__TASK TO COMPLETE__
Each record below must be written out exactly as given.
** Opening DATA SECTION block **
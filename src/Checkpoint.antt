-- ===== src/Checkpoint.antt =====
-- src/checkpoint.rs: a consumer's offset in shared memory. `file` is the slot that the opened file holds, or
-- nothing if it is shorter than a slot; `now` is the clock. The messages of the errors leave out the path
-- and the numbers.
use ringfire.Prelude.{ℕ, Option, none, some, List, ◌==◌, ◌!=◌, if◌then◌else◌}
use ringfire.Errors.{Result, ok, err, ◌>>◌, refuse_if, io, invalid_data, no_offset_file_configured}
use ringfire.Names.{name_buffer}
use ringfire.Consumer.{RingConsumer, update_cursor, last_processed_sequence}

abbrev pub shm_offset_magic : ℕ
shm_offset_magic = 0x5348_4D5F_4F46_4653

abbrev pub shm_offset_version : ℕ
shm_offset_version = 1

pub record ShmOffsetSlot : Type 0 where
  pub magic : ℕ
  pub version : ℕ
  pub pid : ℕ
  pub offset_seq : ℕ
  pub updated_ns : ℕ
  pub name : List ℕ

abbrev pub new_slot : (current_pid now : ℕ) (name_trimmed : List ℕ) → ShmOffsetSlot
new_slot current_pid now name_trimmed = record {
  magic = shm_offset_magic;
  version = shm_offset_version;
  pid = current_pid;
  offset_seq = 0;
  updated_ns = now;
  name = name_buffer name_trimmed;
}

unfoldable pub open_or_create :
    (file : Option ShmOffsetSlot) (current_pid now : ℕ) (name_trimmed : List ℕ)
    → Result ShmOffsetSlot
open_or_create none pid now name = ok (new_slot pid now name)
open_or_create (some slot) pid now name = do
  refuse_if (slot.magic != shm_offset_magic)
      (io (invalid_data "Invalid magic in shared memory offset"))
  refuse_if (slot.version != shm_offset_version)
      (io (invalid_data "Version mismatch in shared memory offset"))
  ok (record slot { pid = pid })

unfoldable pub load : ShmOffsetSlot → Option ℕ
load slot = if slot.offset_seq == 0 then none else some slot.offset_seq

unfoldable pub save : ShmOffsetSlot → (seq now : ℕ) → ShmOffsetSlot
save slot seq now = record slot { offset_seq = seq; updated_ns = now }

-- `commit_offset` of the consumer, with its checkpoint if it has one.
unfoldable pub commit_offset :
    RingConsumer → Option ShmOffsetSlot → (now : ℕ) → Result (ShmOffsetSlot × RingConsumer)
commit_offset c none now = err no_offset_file_configured
commit_offset c (some cp) now = ok (save cp (last_processed_sequence c) now, update_cursor c)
** Closing DATA SECTION block **
__RESULT__
filename src/Checkpoint.antt
-- ===== src/Checkpoint.antt =====
-- src/checkpoint.rs: a consumer's offset in shared memory. `file` is the slot that the opened file holds, or
-- nothing if it is shorter than a slot; `now` is the clock. The messages of the errors leave out the path
-- and the numbers.
use ringfire.Prelude.{ℕ, Option, none, some, List, ◌==◌, ◌!=◌, if◌then◌else◌}
use ringfire.Errors.{Result, ok, err, ◌>>◌, refuse_if, io, invalid_data, no_offset_file_configured}
use ringfire.Names.{name_buffer}
use ringfire.Consumer.{RingConsumer, update_cursor, last_processed_sequence}

abbrev pub shm_offset_magic : ℕ
shm_offset_magic = 0x5348_4D5F_4F46_4653

abbrev pub shm_offset_version : ℕ
shm_offset_version = 1

pub record ShmOffsetSlot : Type 0 where
  pub magic : ℕ
  pub version : ℕ
  pub pid : ℕ
  pub offset_seq : ℕ
  pub updated_ns : ℕ
  pub name : List ℕ

abbrev pub new_slot : (current_pid now : ℕ) (name_trimmed : List ℕ) → ShmOffsetSlot
new_slot current_pid now name_trimmed = record {
  magic = shm_offset_magic;
  version = shm_offset_version;
  pid = current_pid;
  offset_seq = 0;
  updated_ns = now;
  name = name_buffer name_trimmed;
}

unfoldable pub open_or_create :
    (file : Option ShmOffsetSlot) (current_pid now : ℕ) (name_trimmed : List ℕ)
    → Result ShmOffsetSlot
open_or_create none pid now name = ok (new_slot pid now name)
open_or_create (some slot) pid now name = do
  refuse_if (slot.magic != shm_offset_magic)
      (io (invalid_data "Invalid magic in shared memory offset"))
  refuse_if (slot.version != shm_offset_version)
      (io (invalid_data "Version mismatch in shared memory offset"))
  ok (record slot { pid = pid })

unfoldable pub load : ShmOffsetSlot → Option ℕ
load slot = if slot.offset_seq == 0 then none else some slot.offset_seq

unfoldable pub save : ShmOffsetSlot → (seq now : ℕ) → ShmOffsetSlot
save slot seq now = record slot { offset_seq = seq; updated_ns = now }

-- `commit_offset` of the consumer, with its checkpoint if it has one.
unfoldable pub commit_offset :
    RingConsumer → Option ShmOffsetSlot → (now : ℕ) → Result (ShmOffsetSlot × RingConsumer)
commit_offset c none now = err no_offset_file_configured
commit_offset c (some cp) now = ok (save cp (last_processed_sequence c) now, update_cursor c)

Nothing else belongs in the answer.